Turkey’s upcoming elections remain on the agenda of world politics. While Turkey, as the heir of the Ottoman Empire, seemed to lose her status of being a great state, she has gradually realized her historical role after the end of the Cold War. The more Turkey internalizes her historical mission, the more she comes face to face with the Western powers.
In the discussion organized by the SETA (Foundation for Political, Economic and Social Research) on Turkey’s early elections in Washington, D.C., I was one of the keynote speakers along with Nebi Miş, director of domestic policy, and Murat Yeşiltaş, director of security policy at SETA. While I represented the GENAR Research Institute, Kılıç Buğra Kanat from SETA was the moderator of the discussion. For the participants who were closely interested in Turkish politics, we thoroughly discussed Turkey’s upcoming elections together with the future of electoral alliances, petty political parties and the Kurdish votes. In such an informative discussion, Nebi Miş laid bare Turkey’s present electoral milieu and the fundamental ideas of competing political parties, while Murat Yeşiltaş concentrated on the Kurdish question by explicating the electoral behaviors of our Kurdish citizens in the last few elections.
In the second part of the discussion, when participants posed their questions to the speakers, the first questions were naturally on the possible results of the upcoming elections. One of the participants argued that the Turkish electorate voted for political stability so far, while in the upcoming elections they have diverse expectations.
It is, in fact, true that electoral behaviors change from one election to another. For instance, when basic needs in infrastructure, health and education are met, electors’ expectations lean toward more advanced needs. In this respect, the growth of economy remains always on the top of the electorate’s agenda. From the electors’ point of view, although Turkey’s national stance in her foreign relations is crucial, economic issues never lose their primacy.
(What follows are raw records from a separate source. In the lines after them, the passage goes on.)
module _ {Wal : Type 0} (next_sequence : Wal → ℕ) (append : Wal → Record → Bool × Wal) where
  -- The record that was appended from one state to the other.
  abbrev pub Took : Store Wal → Entry → Store Wal → Type 0
  Took s entry q =
      append s.wal (record { sequence = next_sequence s.wal; entry = entry }) ≡ (true, q.wal)

  append_record_ok :
      (s : Store Wal) (entry : Entry) {q : Store Wal}
      → append_record next_sequence append entry s ≡ (ok tt, q)
      → Took s entry q × (q ≡ record s { wal = q.wal })
  unfolding append_record
  append_record_ok s entry {q} h =
      by_answer (append s.wal (record { sequence = next_sequence s.wal; entry = entry })) refl h
    where
      by_answer :
          (r : Bool × Wal)
          → append s.wal (record { sequence = next_sequence s.wal; entry = entry }) ≡ r
          → appended next_sequence append r s ≡ (ok tt, q)
          → Took s entry q × (q ≡ record s { wal = q.wal })
      by_answer (true, w) e k =
          let same : record s { wal = w } ≡ q = ap (λ r. r.1) k in
          (
            e ∙ ap (λ (x : Store Wal). (true, x.wal)) same,
            sym same ∙ ap (λ (x : Store Wal). record s { wal = x.wal }) same,
          )
      by_answer (false, w) e k = absurd (ground arith)

  job_time_ok :
      (s : Store Wal) (raw t : ℤ) {q : Store Wal}
      → job_time next_sequence append raw s ≡ (ok t, q)
      → (q ≡ s) × (s.last_job_time_ms ≤ℤ t)
  unfolding job_time
  job_time_ok s raw t h =
      let (u, r, e, h') =
        continued
          (λ u.
            fail_if (ltz (time_of s raw) s.last_job_time_ms) clock_failure
            >> answer (time_of s raw))
          (fail_if (out_of_range s raw) clock_failure s) h in
      let (_, same) = fail_if_ok (out_of_range s raw) clock_failure s e in
      let (u', r', e', h'') =
        continued (λ v. answer (time_of s raw))
          (fail_if (ltz (time_of s raw) s.last_job_time_ms) clock_failure r) h' in
      let (due, same') = fail_if_ok (ltz (time_of s raw) s.last_job_time_ms) clock_failure r e' in
      let answered : time_of s raw ≡ t = ok_inj (ap (λ x. x.0) h'') in
      (
        sym (ap (λ x. x.1) h'') ∙ same' ∙ same,
        subst (λ x. s.last_job_time_ms ≤ℤ x) answered (ground arith),
      )

  -- What a committed transaction has published.
  abbrev pub Committed : Store Wal → Scheduler → Job → JobRecord → Store Wal → Type 0
  Committed s scratch job kind q =
      Took s (job_snapshot kind job) q
      × (q.jobs ≡ scratch)
      × (q.workers ≡ s.workers)
      × (q.last_job_time_ms ≡ job.updated_at_ms)

  abbrev pub Commits : Store Wal → Scheduler → ℕ → JobRecord → Store Wal → Type 0
  Commits s scratch id kind q =
      (job : Job) × (find scratch id ≡ some job) × Committed s scratch job kind q

  commit_found_ok :
      (s : Store Wal) (scratch : Scheduler) (kind : JobRecord) (o : Option Job) {q : Store Wal}
      → commit_found next_sequence append scratch kind o s ≡ (ok tt, q)
      → (job : Job) × (o ≡ some job) × Committed s scratch job kind q
  commit_found_ok s scratch kind none h = absurd (ground arith)
  commit_found_ok s scratch kind (some job) {q} h =
      let (u, r, e, h') =
        continued
          (λ u (s : Store Wal).
            (ok tt, record s { jobs = scratch; last_job_time_ms = job.updated_at_ms }))
          (append_record next_sequence append (job_snapshot kind job) s) h in
      let (took, kept) = append_record_ok s (job_snapshot kind job) e in
      let same : record r { jobs = scratch; last_job_time_ms = job.updated_at_ms } ≡ q =
        ap (λ x. x.1) h' in
      (
        job,
        refl,
        (
          took ∙ ap (λ (x : Store Wal). (true, x.wal)) same,
          ap (λ (x : Store Wal). x.jobs) (sym same),
          ap (λ (x : Store Wal). x.workers) (sym same) ∙ ap (λ (x : Store Wal). x.workers) kept,
          ap (λ (x : Store Wal). x.last_job_time_ms) (sym same),
        ),
      )

  commit_job_ok :
      (s : Store Wal) (scratch : Scheduler) (id : ℕ) (kind : JobRecord) {q : Store Wal}
      → commit_job next_sequence append scratch id kind s ≡ (ok tt, q)
      → Commits s scratch id kind q
  unfolding commit_job
  commit_job_ok s scratch id kind h = commit_found_ok s scratch kind (find scratch id) h

  timed_ok :
      {A : Type 0} (s : Store Wal) (raw : ℤ) (f : ℤ → Step Wal A) {a : A} {q : Store Wal}
      → (job_time next_sequence append raw >>= f) s ≡ (ok a, q)
      → (t : ℤ) × (s.last_job_time_ms ≤ℤ t) × (f t s ≡ (ok a, q))
  timed_ok s raw f {a} {q} h =
      let (t, r, e, h') = continued f (job_time next_sequence append raw s) h in
      let (same, due) = job_time_ok s raw t e in (t, due, subst (λ x. f t x ≡ (ok a, q)) same h')

  committed_ok :
      {A : Type 0} (s : Store Wal) (scratch : Scheduler) (id : ℕ) (kind : JobRecord) (a : A) {b : A}
      {q : Store Wal}
      → (commit_job next_sequence append scratch id kind >> answer a) s ≡ (ok b, q)
      → (a ≡ b) × Commits s scratch id kind q
  committed_ok s scratch id kind a {q = q} h =
      let (u, r, e, h') =
        continued (λ u. answer a) (commit_job next_sequence append scratch id kind s) h in
      let same : r ≡ q = ap (λ x. x.1) h' in
      (ok_inj (ap (λ x. x.0) h'), commit_job_ok s scratch id kind (e ∙ ap (λ x. (ok tt, x)) same))

  pub submit_ok :
      (s : Store Wal) (p : JobSubmit) (now : ℤ) (id : ℕ) {q : Store Wal}
      → submit next_sequence append p now s ≡ (ok id, q)
      → (t : ℤ) × (scratch : Scheduler) × (s.last_job_time_ms ≤ℤ t)
        × (Scheduler.submit s.jobs p t ≡ ok (id, scratch))
        × Commits s scratch id job_created q
  unfolding submit
  submit_ok s p now id {q} h =
      let (_, h') = guarded_ok (not (usable s)) fatal _ s h in
      let (t, due, h'') =
        timed_ok s now (λ t. submitted next_sequence append (Scheduler.submit s.jobs p t)) h' in
      let (scratch, made, commits) = by_result (Scheduler.submit s.jobs p t) h'' in
      (t, scratch, due, made, commits)
    where
      by_result :
          (r : Result SchedulerError (ℕ × Scheduler))
          → submitted next_sequence append r s ≡ (ok id, q)
          → (scratch : Scheduler) × (r ≡ ok (id, scratch)) × Commits s scratch id job_created q
      by_result (err Scheduler.queue_error) k = absurd (ground arith)
      by_result (err _) k = absurd (ground arith)
      by_result (ok (x, scratch)) k =
          let (same, commits) = committed_ok s scratch x job_created x k in
          (
            scratch,
            ap (λ y. ok (y, scratch)) same,
            subst (λ y. Commits s scratch y job_created q) same commits,
          )

  pub assign_ok :
      (s : Store Wal) (w : ℕ) (now : ℤ) (m : Message) {q : Store Wal}
      → assign next_sequence append w now s ≡ (ok m, q)
      → (t : ℤ) × (scratch : Scheduler) × (is_live (WorkerRegistry.find s.workers w) ≡ true)
        × (s.last_job_time_ms ≤ℤ t)
        × (Scheduler.assign s.jobs w t ≡ ok (m, scratch))
        × Commits s scratch (assigned_id next_sequence append m) job_assigned q
  unfolding assign
  assign_ok s w now m {q} h =
      let (_, h') = guarded_ok (not (usable s)) fatal _ s h in
      let (live, h'') =
        guarded_ok (not (is_live (WorkerRegistry.find s.workers w))) rejected _ s h' in
      let (t, due, h3) =
        timed_ok s now (λ t. given next_sequence append (Scheduler.assign s.jobs w t)) h'' in
      let (scratch, made, commits) = by_result (Scheduler.assign s.jobs w t) h3 in
      (t, scratch, ground arith, due, made, commits)
    where
      by_result :
          (r : Result SchedulerError (Message × Scheduler))
          → given next_sequence append r s ≡ (ok m, q)
          → (scratch : Scheduler) × (r ≡ ok (m, scratch))
            × Commits s scratch (assigned_id next_sequence append m) job_assigned q
      by_result (err Scheduler.empty) k = absurd (ground arith)
      by_result (err Scheduler.worker_busy) k = absurd (ground arith)
      by_result (err _) k = absurd (ground arith)
      by_result (ok (x, scratch)) k =
          let (same, commits) =
            committed_ok s scratch (assigned_id next_sequence append x) job_assigned x k in
          (
            scratch,
            ap (λ y. ok (y, scratch)) same,
            subst (λ y. Commits s scratch (assigned_id next_sequence append y) job_assigned q) same
                commits,
          )

  pub report_ok :
      (s : Store Wal) (w : ℕ) (m : Message) (now : ℤ) {q : Store Wal}
      → report next_sequence append w m now s ≡ (ok tt, q)
      → (t : ℤ) × (scratch : Scheduler) × (job : Job) × (active s.jobs w ≡ some job)
        × (s.last_job_time_ms ≤ℤ t)
        × (Scheduler.report s.jobs w m t ≡ ok scratch)
        × Commits s scratch job.id (kind_in (find scratch job.id)) q
  unfolding report
  report_ok s w m now {q} h =
      let (_, h') = guarded_ok (not (usable s)) fatal _ s h in
      let (live, h'') =
        guarded_ok (not (is_live (WorkerRegistry.find s.workers w))) rejected _ s h' in
      by_job (active s.jobs w) h''
    where
      by_result :
          (id : ℕ) (r : Result SchedulerError Scheduler)
          → reported next_sequence append id r s ≡ (ok tt, q)
          → (scratch : Scheduler) × (r ≡ ok scratch)
            × Commits s scratch id (kind_in (find scratch id)) q
      by_result id (err Scheduler.queue_error) k = absurd (ground arith)
      by_result id (err _) k = absurd (ground arith)
      by_result id (ok scratch) k =
          (scratch, refl, commit_job_ok s scratch id (kind_in (find scratch id)) k)

      by_job :
          (o : Option Job)
          → report_of next_sequence append o w m now s ≡ (ok tt, q)
          → (t : ℤ) × (scratch : Scheduler) × (job : Job) × (o ≡ some job)
            × (s.last_job_time_ms ≤ℤ t)
            × (Scheduler.report s.jobs w m t ≡ ok scratch)
            × Commits s scratch job.id (kind_in (find scratch job.id)) q
      by_job none k = absurd (ground arith)
      by_job (some job) k =
          let (t, due, k') =
            timed_ok s now
              (λ t. reported next_sequence append job.id (Scheduler.report s.jobs w m t)) k in
          let (scratch, made, commits) = by_result job.id (Scheduler.report s.jobs w m t) k' in
          (t, scratch, job, refl, due, made, commits)

  pub commit_worker_loss_ok :
      (s : Store Wal) (w : ℕ) (now : ℤ) {q : Store Wal}
      → commit_worker_loss next_sequence append w now s ≡ (ok tt, q)
      → (t : ℤ) × (scratch : Scheduler) × (job : Job) × (active s.jobs w ≡ some job)
        × (s.last_job_time_ms ≤ℤ t)
        × (Scheduler.worker_lost s.jobs w t ≡ ok scratch)
        × Commits s scratch job.id (kind_in (find scratch job.id)) q
  unfolding commit_worker_loss
  commit_worker_loss_ok s w now {q} h = by_job (active s.jobs w) h
    where
      by_result :
          (id : ℕ) (r : Result SchedulerError Scheduler)
          → lost next_sequence append id r s ≡ (ok tt, q)
          → (scratch : Scheduler) × (r ≡ ok scratch)
            × Commits s scratch id (kind_in (find scratch id)) q
      by_result id (err _) k = absurd (ground arith)
      by_result id (ok scratch) k =
          (scratch, refl, commit_job_ok s scratch id (kind_in (find scratch id)) k)

      by_job :
          (o : Option Job)
          → loss_of next_sequence append o w now s ≡ (ok tt, q)
          → (t : ℤ) × (scratch : Scheduler) × (job : Job) × (o ≡ some job)
            × (s.last_job_time_ms ≤ℤ t)
            × (Scheduler.worker_lost s.jobs w t ≡ ok scratch)
            × Commits s scratch job.id (kind_in (find scratch job.id)) q
      by_job none k = absurd (ground arith)
      by_job (some job) k =
          let (t, due, k') =
            timed_ok s now
              (λ t. lost next_sequence append job.id (Scheduler.worker_lost s.jobs w t)) k in
          let (scratch, made, commits) = by_result job.id (Scheduler.worker_lost s.jobs w t) k' in
          (t, scratch, job, refl, due, made, commits)

  pub worker_lost_ok :
      (s : Store Wal) (w : ℕ) (now : ℤ) {q : Store Wal}
      → worker_lost next_sequence append w now s ≡ (ok tt, q)
      → commit_worker_loss next_sequence append w now s ≡ (ok tt, q)
  unfolding worker_lost
  worker_lost_ok s w now h = (guarded_ok (not (usable s)) fatal _ s h).1

  pub register_ok :
      (s : Store Wal) (fd now : ℤ) (id : ℕ) {q : Store Wal}
      → register next_sequence append fd now s ≡ (ok id, q)
      → (candidate : WorkerRegistry.Registry) × (WorkerRegistry.register s.workers fd now
          ≡ ok (id, candidate))
        × Took s (worker_id_allocated id) q
        × (q ≡ record s { wal = q.wal; workers = candidate })
  unfolding register
  register_ok s fd now id {q} h =
      let (_, h') = guarded_ok (not (usable s)) fatal _ s h in
      let (u, r, e, h'') =
        continued (λ u. registered next_sequence append (WorkerRegistry.register s.workers fd now))
          (fail_if (is_neg now) clock_failure s) h' in
      let (_, same) = fail_if_ok (is_neg now) clock_failure s e in
      by_result (WorkerRegistry.register s.workers fd now) (
        subst
          (λ x.
            registered next_sequence append (WorkerRegistry.register s.workers fd now) x
            ≡ (ok id, q))
          same h'')
    where
      by_result :
          (r : Result WorkerRegistry.RegistryError (ℕ × WorkerRegistry.Registry))
          → registered next_sequence append r s ≡ (ok id, q)
          → (candidate : WorkerRegistry.Registry) × (r ≡ ok (id, candidate))
            × Took s (worker_id_allocated id) q
            × (q ≡ record s { wal = q.wal; workers = candidate })
      by_result (err _) k = absurd (ground arith)
      by_result (ok (x, candidate)) k =
          let (u, r, e, k') =
            continued (λ u (s : Store Wal). (ok x, record s { workers = candidate }))
              (append_record next_sequence append (worker_id_allocated x) s) k in
          let (took, kept) = append_record_ok s (worker_id_allocated x) e in
          let same : x ≡ id = ok_inj (ap (λ y. y.0) k') in
          let result : record r { workers = candidate } ≡ q = ap (λ y. y.1) k' in
          let logged : r.wal ≡ q.wal = ap (λ (y : Store Wal). y.wal) result in
          (
            candidate,
            ap (λ y. ok (y, candidate)) same,
            subst (λ y. Took s (worker_id_allocated y) q) same (took ∙ ap (λ y. (true, y)) logged),
            sym result
                ∙ ap (λ (y : Store Wal). record y { workers = candidate }) kept
                ∙ ap (λ y. record s { wal = y; workers = candidate }) logged,
          )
Comparing the present situation in Turkey with those in Egypt and Russia, another participant questioned the political future of Recep Tayyip Erdoğan. To emphasize the injustice in comparing Turkey’s democracy with Egypt and Russia, I stated that although the history of Turkish democracy had sporadically been interrupted by coup d’états, Turkey never ceased to advance in her democratic journey. In this respect, the Justice and Development Party’s (AK Party) allegiance to democracy becomes stronger against all odds, while justice, human rights and individual rights keep staying at the forefront of the party’s manifesto.
Another participant emphasized the Turkish-American relations and its possible effects on the upcoming Turkish elections. In response, first of all, I argued that the effect of foreign affairs has never been greater than that of internal dynamics on Turkish elections. Moreover, although the political administrations of Turkey and the U.S. could have not come to terms in Syria, they have no serious problems either. Although the alliance between Turkey and the U.S. has its own ups and downs, their problems are not deep-seated or unsolvable.
Finally, when another participant emphasized the significance of democracy and justice for the economy, I argued that Turkey is more fortunate than many European countries in the issue of operating democracy, simply because Turkey does not work with the present dictators due to its political history that has always been free from colonialism. Therefore, Turkey has the chance of becoming a role model in the operation of democracy, even for the advanced democracies of Europe, with her vision of justice and democracy.